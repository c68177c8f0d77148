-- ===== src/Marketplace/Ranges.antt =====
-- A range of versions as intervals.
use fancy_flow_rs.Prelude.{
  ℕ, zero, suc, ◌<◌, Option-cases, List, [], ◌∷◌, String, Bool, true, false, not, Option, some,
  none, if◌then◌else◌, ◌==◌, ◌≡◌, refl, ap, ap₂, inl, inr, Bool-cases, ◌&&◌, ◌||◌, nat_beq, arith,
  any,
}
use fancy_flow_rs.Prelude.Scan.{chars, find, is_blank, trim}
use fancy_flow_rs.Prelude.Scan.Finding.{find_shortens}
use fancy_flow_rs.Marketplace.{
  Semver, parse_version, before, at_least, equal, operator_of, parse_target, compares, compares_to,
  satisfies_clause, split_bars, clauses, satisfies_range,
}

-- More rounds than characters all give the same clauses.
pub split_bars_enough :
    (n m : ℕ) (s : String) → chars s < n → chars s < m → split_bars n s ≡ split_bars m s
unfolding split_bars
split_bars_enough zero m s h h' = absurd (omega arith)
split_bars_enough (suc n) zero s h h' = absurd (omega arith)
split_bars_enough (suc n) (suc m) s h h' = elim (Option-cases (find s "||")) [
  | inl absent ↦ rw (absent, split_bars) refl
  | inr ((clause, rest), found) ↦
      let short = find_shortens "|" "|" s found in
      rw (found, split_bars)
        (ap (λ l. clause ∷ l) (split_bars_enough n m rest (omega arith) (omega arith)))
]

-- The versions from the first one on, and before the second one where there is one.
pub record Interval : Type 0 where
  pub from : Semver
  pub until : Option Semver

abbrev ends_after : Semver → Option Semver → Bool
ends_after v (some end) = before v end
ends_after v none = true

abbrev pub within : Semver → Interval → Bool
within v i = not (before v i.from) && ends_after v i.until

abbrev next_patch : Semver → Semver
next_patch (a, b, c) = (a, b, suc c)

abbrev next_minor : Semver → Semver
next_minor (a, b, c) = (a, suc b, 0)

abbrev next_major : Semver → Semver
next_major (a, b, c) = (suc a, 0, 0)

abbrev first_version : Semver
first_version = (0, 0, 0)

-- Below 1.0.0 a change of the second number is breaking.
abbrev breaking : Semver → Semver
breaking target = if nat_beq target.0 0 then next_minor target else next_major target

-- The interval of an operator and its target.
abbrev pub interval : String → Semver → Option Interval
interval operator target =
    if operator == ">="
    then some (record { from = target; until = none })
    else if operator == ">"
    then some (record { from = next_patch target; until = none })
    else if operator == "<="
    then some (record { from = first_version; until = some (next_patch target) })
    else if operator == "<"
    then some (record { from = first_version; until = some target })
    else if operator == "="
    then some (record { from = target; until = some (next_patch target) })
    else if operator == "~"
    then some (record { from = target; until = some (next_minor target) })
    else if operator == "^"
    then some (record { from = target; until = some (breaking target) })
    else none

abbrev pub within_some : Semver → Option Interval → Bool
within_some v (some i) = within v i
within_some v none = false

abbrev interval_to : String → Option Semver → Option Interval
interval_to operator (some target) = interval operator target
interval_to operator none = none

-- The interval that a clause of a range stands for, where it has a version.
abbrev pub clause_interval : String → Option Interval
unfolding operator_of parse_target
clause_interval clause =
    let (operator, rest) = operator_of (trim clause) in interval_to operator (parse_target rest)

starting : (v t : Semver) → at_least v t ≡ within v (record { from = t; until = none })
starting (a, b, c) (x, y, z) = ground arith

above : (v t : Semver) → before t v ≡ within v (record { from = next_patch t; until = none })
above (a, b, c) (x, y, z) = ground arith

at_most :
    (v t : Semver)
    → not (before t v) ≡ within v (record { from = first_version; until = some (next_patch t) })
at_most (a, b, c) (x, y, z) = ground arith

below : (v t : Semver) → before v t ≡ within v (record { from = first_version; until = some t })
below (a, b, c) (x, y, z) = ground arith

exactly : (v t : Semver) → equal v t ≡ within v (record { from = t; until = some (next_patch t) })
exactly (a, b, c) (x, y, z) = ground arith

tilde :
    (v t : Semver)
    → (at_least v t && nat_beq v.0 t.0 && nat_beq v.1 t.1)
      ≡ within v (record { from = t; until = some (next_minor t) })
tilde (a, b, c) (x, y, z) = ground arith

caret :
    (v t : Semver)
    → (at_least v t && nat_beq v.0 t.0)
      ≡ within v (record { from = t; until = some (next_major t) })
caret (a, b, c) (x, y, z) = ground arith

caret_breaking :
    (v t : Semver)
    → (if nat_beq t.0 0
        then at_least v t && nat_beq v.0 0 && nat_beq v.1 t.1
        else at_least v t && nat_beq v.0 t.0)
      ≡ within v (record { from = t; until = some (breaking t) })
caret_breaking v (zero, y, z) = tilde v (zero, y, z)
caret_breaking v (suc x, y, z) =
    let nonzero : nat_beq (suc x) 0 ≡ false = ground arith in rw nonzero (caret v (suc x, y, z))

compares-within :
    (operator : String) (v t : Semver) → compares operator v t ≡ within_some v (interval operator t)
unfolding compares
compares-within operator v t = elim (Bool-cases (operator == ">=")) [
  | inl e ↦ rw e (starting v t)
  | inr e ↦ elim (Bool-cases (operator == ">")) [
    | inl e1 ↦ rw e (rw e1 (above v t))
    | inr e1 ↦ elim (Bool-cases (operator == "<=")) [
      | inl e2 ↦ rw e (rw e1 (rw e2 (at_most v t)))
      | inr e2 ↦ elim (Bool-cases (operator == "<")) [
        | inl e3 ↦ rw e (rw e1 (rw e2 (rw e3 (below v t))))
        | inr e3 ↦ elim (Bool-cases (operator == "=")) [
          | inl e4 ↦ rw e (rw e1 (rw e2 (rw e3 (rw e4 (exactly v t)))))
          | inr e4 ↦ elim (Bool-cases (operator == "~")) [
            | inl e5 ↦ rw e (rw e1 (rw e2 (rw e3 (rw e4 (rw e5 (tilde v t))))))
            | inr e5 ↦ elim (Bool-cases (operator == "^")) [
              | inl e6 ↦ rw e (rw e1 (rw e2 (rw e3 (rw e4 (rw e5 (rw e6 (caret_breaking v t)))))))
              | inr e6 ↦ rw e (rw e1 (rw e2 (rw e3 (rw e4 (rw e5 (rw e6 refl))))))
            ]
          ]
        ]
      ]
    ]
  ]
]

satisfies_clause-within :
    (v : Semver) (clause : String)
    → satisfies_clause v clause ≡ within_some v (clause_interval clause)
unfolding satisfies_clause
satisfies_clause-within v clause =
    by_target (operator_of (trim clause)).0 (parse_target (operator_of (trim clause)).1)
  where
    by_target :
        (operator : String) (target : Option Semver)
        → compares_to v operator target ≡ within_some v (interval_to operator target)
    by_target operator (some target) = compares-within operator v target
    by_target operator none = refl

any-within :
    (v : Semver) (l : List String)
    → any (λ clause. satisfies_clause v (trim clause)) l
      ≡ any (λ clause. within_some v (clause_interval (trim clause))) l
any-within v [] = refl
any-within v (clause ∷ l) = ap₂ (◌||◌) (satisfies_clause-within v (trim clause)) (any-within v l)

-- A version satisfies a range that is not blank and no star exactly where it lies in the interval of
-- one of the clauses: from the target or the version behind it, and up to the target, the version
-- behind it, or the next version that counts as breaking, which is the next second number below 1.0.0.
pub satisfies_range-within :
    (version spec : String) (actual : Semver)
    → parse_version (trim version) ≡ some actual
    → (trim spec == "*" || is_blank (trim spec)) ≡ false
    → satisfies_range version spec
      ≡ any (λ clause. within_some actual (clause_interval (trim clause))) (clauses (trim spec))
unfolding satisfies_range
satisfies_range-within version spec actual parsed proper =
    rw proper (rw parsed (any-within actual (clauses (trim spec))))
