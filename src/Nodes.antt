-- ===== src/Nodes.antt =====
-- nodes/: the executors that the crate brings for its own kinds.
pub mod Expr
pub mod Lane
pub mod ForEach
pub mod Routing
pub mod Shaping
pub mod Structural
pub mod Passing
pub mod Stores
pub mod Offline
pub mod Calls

## WHAT YOU NEED TO DO
How many lines of the listing contain "unfolding"? Say only that number.

## ANSWER BOX
5